▶ Records shown
---*---
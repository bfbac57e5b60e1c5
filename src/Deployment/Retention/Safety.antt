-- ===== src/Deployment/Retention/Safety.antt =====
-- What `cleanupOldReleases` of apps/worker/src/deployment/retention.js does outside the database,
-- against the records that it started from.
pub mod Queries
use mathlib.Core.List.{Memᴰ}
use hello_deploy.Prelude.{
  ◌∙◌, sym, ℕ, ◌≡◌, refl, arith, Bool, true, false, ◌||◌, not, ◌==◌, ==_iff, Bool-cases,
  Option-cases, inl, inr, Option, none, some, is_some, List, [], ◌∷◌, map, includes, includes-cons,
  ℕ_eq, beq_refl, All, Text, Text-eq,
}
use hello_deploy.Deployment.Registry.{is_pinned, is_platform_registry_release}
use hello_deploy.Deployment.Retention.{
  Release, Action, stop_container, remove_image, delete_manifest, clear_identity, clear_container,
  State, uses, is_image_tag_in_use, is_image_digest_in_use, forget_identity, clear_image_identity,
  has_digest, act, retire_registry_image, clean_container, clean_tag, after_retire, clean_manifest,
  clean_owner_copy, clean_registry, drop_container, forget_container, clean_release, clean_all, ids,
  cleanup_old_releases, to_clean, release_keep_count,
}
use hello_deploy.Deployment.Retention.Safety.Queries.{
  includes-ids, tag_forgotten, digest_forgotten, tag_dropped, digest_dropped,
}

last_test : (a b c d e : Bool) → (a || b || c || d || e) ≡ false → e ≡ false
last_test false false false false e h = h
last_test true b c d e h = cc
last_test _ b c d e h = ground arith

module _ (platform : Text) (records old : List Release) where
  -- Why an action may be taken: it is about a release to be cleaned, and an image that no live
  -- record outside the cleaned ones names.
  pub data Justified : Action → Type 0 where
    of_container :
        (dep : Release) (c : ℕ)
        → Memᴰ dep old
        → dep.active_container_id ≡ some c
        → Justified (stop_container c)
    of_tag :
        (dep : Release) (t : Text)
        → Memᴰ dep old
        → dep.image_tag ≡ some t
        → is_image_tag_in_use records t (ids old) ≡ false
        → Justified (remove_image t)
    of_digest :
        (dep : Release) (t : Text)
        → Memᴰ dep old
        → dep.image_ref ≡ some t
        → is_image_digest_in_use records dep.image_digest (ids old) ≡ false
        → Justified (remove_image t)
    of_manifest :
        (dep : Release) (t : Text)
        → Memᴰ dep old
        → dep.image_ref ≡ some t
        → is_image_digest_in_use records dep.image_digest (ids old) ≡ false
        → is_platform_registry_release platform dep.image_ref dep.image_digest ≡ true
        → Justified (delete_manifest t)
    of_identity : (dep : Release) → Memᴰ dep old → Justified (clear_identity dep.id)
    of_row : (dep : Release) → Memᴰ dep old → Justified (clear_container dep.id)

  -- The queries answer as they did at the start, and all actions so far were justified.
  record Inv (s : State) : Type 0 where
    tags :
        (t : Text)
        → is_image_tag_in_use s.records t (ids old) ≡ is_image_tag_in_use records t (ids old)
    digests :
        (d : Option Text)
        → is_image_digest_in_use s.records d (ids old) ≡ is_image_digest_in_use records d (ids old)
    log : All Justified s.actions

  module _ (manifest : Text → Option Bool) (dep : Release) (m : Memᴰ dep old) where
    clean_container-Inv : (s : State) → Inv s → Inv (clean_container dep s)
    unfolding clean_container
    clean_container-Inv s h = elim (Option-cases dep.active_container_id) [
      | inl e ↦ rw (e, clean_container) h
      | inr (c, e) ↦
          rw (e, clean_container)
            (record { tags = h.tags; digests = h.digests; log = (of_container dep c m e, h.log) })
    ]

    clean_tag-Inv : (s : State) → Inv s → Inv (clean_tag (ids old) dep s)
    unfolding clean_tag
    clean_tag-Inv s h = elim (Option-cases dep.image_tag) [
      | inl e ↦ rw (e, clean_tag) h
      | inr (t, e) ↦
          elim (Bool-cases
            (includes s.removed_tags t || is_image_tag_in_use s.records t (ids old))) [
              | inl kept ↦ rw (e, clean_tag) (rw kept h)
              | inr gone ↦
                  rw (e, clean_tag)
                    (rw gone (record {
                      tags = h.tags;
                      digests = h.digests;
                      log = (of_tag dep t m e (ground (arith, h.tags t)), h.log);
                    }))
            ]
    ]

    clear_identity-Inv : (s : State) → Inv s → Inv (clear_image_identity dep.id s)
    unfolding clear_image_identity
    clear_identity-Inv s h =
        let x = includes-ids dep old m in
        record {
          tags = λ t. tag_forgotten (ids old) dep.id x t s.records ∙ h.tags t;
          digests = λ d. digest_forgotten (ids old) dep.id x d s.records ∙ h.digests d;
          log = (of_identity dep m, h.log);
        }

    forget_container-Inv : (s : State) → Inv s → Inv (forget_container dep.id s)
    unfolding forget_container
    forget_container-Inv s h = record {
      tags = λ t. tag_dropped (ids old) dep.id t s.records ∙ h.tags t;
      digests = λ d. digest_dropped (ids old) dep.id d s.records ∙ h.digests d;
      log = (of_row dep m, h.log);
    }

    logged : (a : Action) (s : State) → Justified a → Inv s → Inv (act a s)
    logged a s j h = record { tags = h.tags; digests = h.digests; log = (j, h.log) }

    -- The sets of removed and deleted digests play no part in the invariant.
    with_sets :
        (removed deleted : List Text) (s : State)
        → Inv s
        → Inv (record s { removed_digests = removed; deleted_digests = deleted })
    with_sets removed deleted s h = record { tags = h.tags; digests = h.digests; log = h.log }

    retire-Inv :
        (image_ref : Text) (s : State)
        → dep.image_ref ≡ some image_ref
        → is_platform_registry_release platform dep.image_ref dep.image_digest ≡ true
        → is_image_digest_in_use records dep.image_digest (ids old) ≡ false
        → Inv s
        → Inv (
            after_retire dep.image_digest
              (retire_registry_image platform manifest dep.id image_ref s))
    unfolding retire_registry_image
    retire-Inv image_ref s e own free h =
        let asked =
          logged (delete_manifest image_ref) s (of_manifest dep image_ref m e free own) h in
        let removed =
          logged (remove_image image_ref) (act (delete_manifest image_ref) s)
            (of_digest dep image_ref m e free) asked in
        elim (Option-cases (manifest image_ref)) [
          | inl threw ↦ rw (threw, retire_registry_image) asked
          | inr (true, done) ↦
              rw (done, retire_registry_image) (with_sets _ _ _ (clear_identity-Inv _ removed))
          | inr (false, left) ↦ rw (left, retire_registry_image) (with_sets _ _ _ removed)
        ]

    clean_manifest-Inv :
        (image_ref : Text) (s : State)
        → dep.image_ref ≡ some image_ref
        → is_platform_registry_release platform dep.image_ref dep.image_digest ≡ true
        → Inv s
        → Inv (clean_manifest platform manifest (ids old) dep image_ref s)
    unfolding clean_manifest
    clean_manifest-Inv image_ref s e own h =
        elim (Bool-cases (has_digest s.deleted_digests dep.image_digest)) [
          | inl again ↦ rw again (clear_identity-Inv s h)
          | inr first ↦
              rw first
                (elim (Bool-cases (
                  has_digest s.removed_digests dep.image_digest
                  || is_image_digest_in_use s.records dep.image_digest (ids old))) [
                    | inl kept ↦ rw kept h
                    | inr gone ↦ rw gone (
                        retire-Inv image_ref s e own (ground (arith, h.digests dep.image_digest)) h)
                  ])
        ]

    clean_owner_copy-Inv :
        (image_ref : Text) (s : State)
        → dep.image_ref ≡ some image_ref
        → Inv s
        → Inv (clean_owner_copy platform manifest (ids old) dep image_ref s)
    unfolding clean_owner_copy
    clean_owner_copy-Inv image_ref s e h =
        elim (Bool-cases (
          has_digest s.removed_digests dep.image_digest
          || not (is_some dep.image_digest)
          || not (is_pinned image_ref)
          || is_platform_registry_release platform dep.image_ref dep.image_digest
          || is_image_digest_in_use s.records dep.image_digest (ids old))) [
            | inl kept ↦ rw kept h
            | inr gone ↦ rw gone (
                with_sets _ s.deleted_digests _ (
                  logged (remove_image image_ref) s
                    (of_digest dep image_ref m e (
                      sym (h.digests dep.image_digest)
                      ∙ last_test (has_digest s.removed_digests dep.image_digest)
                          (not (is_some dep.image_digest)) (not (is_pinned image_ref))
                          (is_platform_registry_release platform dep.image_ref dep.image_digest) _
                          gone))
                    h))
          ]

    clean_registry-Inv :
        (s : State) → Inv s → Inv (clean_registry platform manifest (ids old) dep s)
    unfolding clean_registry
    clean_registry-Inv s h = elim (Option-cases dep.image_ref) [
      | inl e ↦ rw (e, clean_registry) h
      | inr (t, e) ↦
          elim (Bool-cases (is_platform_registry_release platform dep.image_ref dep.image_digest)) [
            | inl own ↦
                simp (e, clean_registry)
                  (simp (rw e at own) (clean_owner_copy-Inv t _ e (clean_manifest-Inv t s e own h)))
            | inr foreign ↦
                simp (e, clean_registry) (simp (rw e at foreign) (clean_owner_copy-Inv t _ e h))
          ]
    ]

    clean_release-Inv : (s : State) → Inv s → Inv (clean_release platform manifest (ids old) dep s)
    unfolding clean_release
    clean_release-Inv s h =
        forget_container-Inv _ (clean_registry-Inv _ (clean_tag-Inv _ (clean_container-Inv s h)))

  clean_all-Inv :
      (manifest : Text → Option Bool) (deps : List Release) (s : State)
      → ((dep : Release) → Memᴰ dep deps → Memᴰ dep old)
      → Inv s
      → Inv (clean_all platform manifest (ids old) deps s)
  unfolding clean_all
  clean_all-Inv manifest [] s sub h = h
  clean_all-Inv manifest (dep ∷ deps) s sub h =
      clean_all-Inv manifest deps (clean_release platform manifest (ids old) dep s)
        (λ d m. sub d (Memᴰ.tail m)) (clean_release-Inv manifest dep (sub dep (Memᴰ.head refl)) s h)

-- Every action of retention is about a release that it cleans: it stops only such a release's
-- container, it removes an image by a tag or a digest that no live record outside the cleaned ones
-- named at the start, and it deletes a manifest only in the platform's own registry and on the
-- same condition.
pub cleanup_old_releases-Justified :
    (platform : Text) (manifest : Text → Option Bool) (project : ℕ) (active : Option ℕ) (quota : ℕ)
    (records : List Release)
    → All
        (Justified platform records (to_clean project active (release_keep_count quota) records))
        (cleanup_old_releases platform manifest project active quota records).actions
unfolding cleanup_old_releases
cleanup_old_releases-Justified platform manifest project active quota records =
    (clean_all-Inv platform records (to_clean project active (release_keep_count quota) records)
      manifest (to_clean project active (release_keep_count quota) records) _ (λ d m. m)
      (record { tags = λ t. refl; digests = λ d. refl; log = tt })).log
---*---
▶ How to complete this task
Line by line, check the data above for the word "asked" and state how many lines contain it. Give only the number.

▶ Your response
3